介護輸送に係る法的取扱いに対する意見の募集について

平成16年2月12日
厚生労働省老健局振興課


 厚生労働省と国土交通省においては、今般「介護輸送に係る法的取扱いについて」(別添)のとおり、介護輸送に係る法的取扱いについて一定の方向性を示すことを考えております。
 つきましては、これに関しましてご意見のある場合には、下記により提出して下さい。なお、電話によるご意見は受けつけておりません。また、いただいたご意見に対しての個別の回答はいたしかねますので、あらかじめその旨ご了承願います。
 なお、この意見募集は国土交通省においても同時に実施されております。ご意見は厚生労働省と国土交通省のいずれかにご提出いただければ、両省において考慮されることとなりますので、同じ意見を両省に提出いただく必要はありません。

 募集期限
   平成16年2月29日(日)必着

 提出方法
 御意見等は、理由を付して、電子メール又は郵送にて提出して下さい。
 なお、提出していただく電子メール及び郵送には、必ず「介護輸送に係る法的取扱いに対する意見の募集について」と明記して提出して下さい。
電子メールの場合
  電子メールアドレス:kytht@mhlw.go.jp
厚生労働省老健局振興課あて
(電子メールで提出される場合は、メール本文に記載してテキスト形式でお願いします。
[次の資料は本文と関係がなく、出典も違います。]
-- ===== src/Pull/Peer/System.antt =====
-- src/sync/stages/pull/peer.rs: the tasks of a session and the channels between them, in any order of
-- their steps. A step of a task is what it does between two awaits; a task whose channel is full
-- keeps what it sends in hand.
use maestro_symphony.Prelude.{
  ◌<◌, ◌≡◌, ◌≢◌, List, [], ◌∷◌, ◌++◌, Option, none, some, Bool, true, false, ◌||◌, Bytes, length,
}
use maestro_symphony.Pull.Fetch.{Header}
use maestro_symphony.Pull.Peer.{
  DecodedMessage, version, verack, unused, ping, inv, headers_message, block_message,
  NetworkMessage, version_message, verack_message, pong, P2pError, ingress_channel_closed,
  egress_channel_closed, peer_channel_closed, Request, message_of, any_block,
}

-- What the handler's task waits to send, or that it waits for a request or a message.
pub data Hand : Type 0 where
  free : Hand
  to_egress : NetworkMessage → Hand
  to_headers : List Header → Hand
  to_blocks : Bytes → Hand

-- The channels with their capacities: requests 1, ingress 1, egress 1, headers 20, blocks 20.
pub record Session : Type 0 where
  pub requests : List Request
  pub reading : Option DecodedMessage
  pub ingress : List DecodedMessage
  pub ingress_open : Bool
  pub hand : Hand
  pub egress : List NetworkMessage
  pub egress_open : Bool
  pub failed : Option P2pError
  pub client_open : Bool
  pub headers : List (List Header)
  pub blocks : List Bytes
  pub initialised : Bool
  pub new_block : Bool
  -- What passed so far: the client's requests, the messages read and written on the socket, those
  -- that the handler took, and what the client got.
  pub requested : List Request
  pub accepted : List Request
  pub read : List DecodedMessage
  pub handled : List DecodedMessage
  pub written : List NetworkMessage
  pub got_headers : List (List Header)
  pub got_blocks : List Bytes

-- `PeerHandler::run` begins with the version message.
abbrev pub start_session : Session
start_session = record {
  requests = [];
  reading = none;
  ingress = [];
  ingress_open = true;
  hand = to_egress version_message;
  egress = [];
  egress_open = true;
  failed = none;
  client_open = true;
  headers = [];
  blocks = [];
  initialised = false;
  new_block = false;
  requested = [];
  accepted = [];
  read = [];
  handled = [];
  written = [];
  got_headers = [];
  got_blocks = [];
}

-- `PeerHandler::tick` on a message.
abbrev pub handle : DecodedMessage → Session → Session
handle version s = record s { hand = to_egress verack_message }
handle verack s = record s { initialised = true }
handle (inv is) s = record s { new_block = any_block is || s.new_block }
handle (ping nonce) s = record s { hand = to_egress (pong nonce) }
handle (headers_message hs) s = record s { hand = to_headers hs }
handle (block_message raw) s = record s { hand = to_blocks raw }
handle unused s = s

-- The handler stops with an error, and aborts the tasks of the socket.
abbrev pub stop : P2pError → Session → Session
stop e s = record s { failed = some e; ingress_open = false; egress_open = false }

-- What a task does with what is in transit.
pub data TaskStep (s : Session) : Session → Type 0 where
  -- `Ingress::tick` sends the message that it read
  deliver :
      (m : DecodedMessage)
      → s.ingress_open ≡ true
      → s.failed ≡ none
      → s.reading ≡ some m
      → length s.ingress < 1
      → TaskStep s (record s { reading = none; ingress = s.ingress ++ (m ∷ []) })
  -- `PeerHandler::tick` takes a request or a message
  take_request :
      (r : Request) (rs : List Request)
      → s.failed ≡ none
      → s.hand ≡ free
      → s.requests ≡ r ∷ rs
      → TaskStep s (record s {
        requests = rs;
        hand = to_egress (message_of r);
        accepted = s.accepted ++ (r ∷ []);
      })
  take_message :
      (m : DecodedMessage) (ms : List DecodedMessage)
      → s.failed ≡ none
      → s.hand ≡ free
      → s.ingress ≡ m ∷ ms
      → TaskStep s (handle m (record s { ingress = ms; handled = s.handled ++ (m ∷ []) }))
  -- what the handler sends goes through
  relay_message :
      (m : NetworkMessage)
      → s.failed ≡ none
      → s.hand ≡ to_egress m
      → s.egress_open ≡ true
      → length s.egress < 1
      → TaskStep s (record s { hand = free; egress = s.egress ++ (m ∷ []) })
  relay_headers :
      (hs : List Header)
      → s.failed ≡ none
      → s.hand ≡ to_headers hs
      → s.client_open ≡ true
      → length s.headers < 20
      → TaskStep s (record s { hand = free; headers = s.headers ++ (hs ∷ []) })
  relay_block :
      (raw : Bytes)
      → s.failed ≡ none
      → s.hand ≡ to_blocks raw
      → s.client_open ≡ true
      → length s.blocks < 20
      → TaskStep s (record s { hand = free; blocks = s.blocks ++ (raw ∷ []) })
  -- `Egress::tick` writes a message whole
  write_message :
      (m : NetworkMessage) (ms : List NetworkMessage)
      → s.egress_open ≡ true
      → s.egress ≡ m ∷ ms
      → TaskStep s (record s { egress = ms; written = s.written ++ (m ∷ []) })

pub data Step (s : Session) : Session → Type 0 where
  task : {t : Session} → TaskStep s t → Step s t
  -- the client sends a request, receives, waits for a new block, or is dropped
  ask :
      (r : Request)
      → s.failed ≡ none
      → length s.requests < 1
      → Step s (record s { requests = s.requests ++ (r ∷ []); requested = s.requested ++ (r ∷ []) })
  receive_headers :
      (hs : List Header) (more : List (List Header))
      → s.headers ≡ hs ∷ more
      → Step s (record s { headers = more; got_headers = s.got_headers ++ (hs ∷ []) })
  receive_block :
      (raw : Bytes) (more : List Bytes)
      → s.blocks ≡ raw ∷ more
      → Step s (record s { blocks = more; got_blocks = s.got_blocks ++ (raw ∷ []) })
  notified : Step s (record s { new_block = false })
  client_drops : Step s (record s { client_open = false })
  -- `Ingress::tick` reads a message, or the socket fails, or the message cannot be decoded
  read_message :
      (m : DecodedMessage)
      → s.ingress_open ≡ true
      → s.reading ≡ none
      → Step s (record s { reading = some m; read = s.read ++ (m ∷ []) })
  ingress_fails : s.reading ≡ none → Step s (record s { ingress_open = false })
  -- the handler is gone, which was to take the message
  ingress_refused :
      (m : DecodedMessage) (e : P2pError)
      → s.reading ≡ some m
      → s.failed ≡ some e
      → Step s (record s { ingress_open = false })
  -- the socket of `Egress::tick` fails
  egress_fails : Step s (record s { egress_open = false })
  -- `PeerHandler::tick` finds a channel closed
  find_no_ingress :
      s.failed ≡ none
      → s.hand ≡ free
      → s.ingress ≡ []
      → s.ingress_open ≡ false
      → Step s (stop ingress_channel_closed s)
  find_no_client :
      s.failed ≡ none
      → s.hand ≡ free
      → s.requests ≡ []
      → s.client_open ≡ false
      → Step s (stop (peer_channel_closed "request") s)
  -- the version message is not sent, and the handler ends without aborting the ingress
  fail_version :
      s.failed ≡ none
      → s.hand ≡ to_egress version_message
      → s.egress_open ≡ false
      → Step s (record s { failed = some egress_channel_closed })
  fail_message :
      (m : NetworkMessage)
      → m ≢ version_message
      → s.failed ≡ none
      → s.hand ≡ to_egress m
      → s.egress_open ≡ false
      → Step s (stop egress_channel_closed s)
  fail_headers :
      (hs : List Header)
      → s.failed ≡ none
      → s.hand ≡ to_headers hs
      → s.client_open ≡ false
      → Step s (stop (peer_channel_closed "headers") s)
  fail_block :
      (raw : Bytes)
      → s.failed ≡ none
      → s.hand ≡ to_blocks raw
      → s.client_open ≡ false
      → Step s (stop (peer_channel_closed "blocks") s)

pub data Reach : Session → Type 0 where
  start : Reach start_session
  later : {s t : Session} → Reach s → Step s t → Reach t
なお、添付ファイルによる意見の提出はご遠慮願います。)

郵送の場合
〒100-8916 東京都千代田区霞ヶ関1-2-2
厚生労働省老健局振興課あて

 御意見等の提出上の注意
 提出の御意見等は、日本語に限ります。また、個人の場合は、氏名・住所・電話番号・年齢・職業を、法人の場合は法人名・法人所在地・法人電話番号を記載して下さい。これらは、住所・電話番号、法人所在地・法人電話番号を除き公表させていただくことがありますので、予め御了承願います。
 ご意見中に、個人に関する情報であって特定の個人が識別しうる記述がある場合及び法人等の財産権等を害する恐れがあると判断される場合には、公表の際に当該個所を伏せさせていただきます。



(別添)

介護輸送に係る法的取扱いについて

平成16年2月
厚生労働省老健局振興課
国土交通省自動車交通局旅客課


1.  背景等
   標記については、平成15年9月に閣議報告された「全国規模の規制改革要望への対応方針」において、平成15年度中を目途に一定の方向性を見出すこととされている。
 今般、厚生労働省と国土交通省の間において、「一定の方向性」についておおむね共通の理解が得られたため、「中間整理案」としてホームページ等において公表し、共同でパブリックコメントに付することとした。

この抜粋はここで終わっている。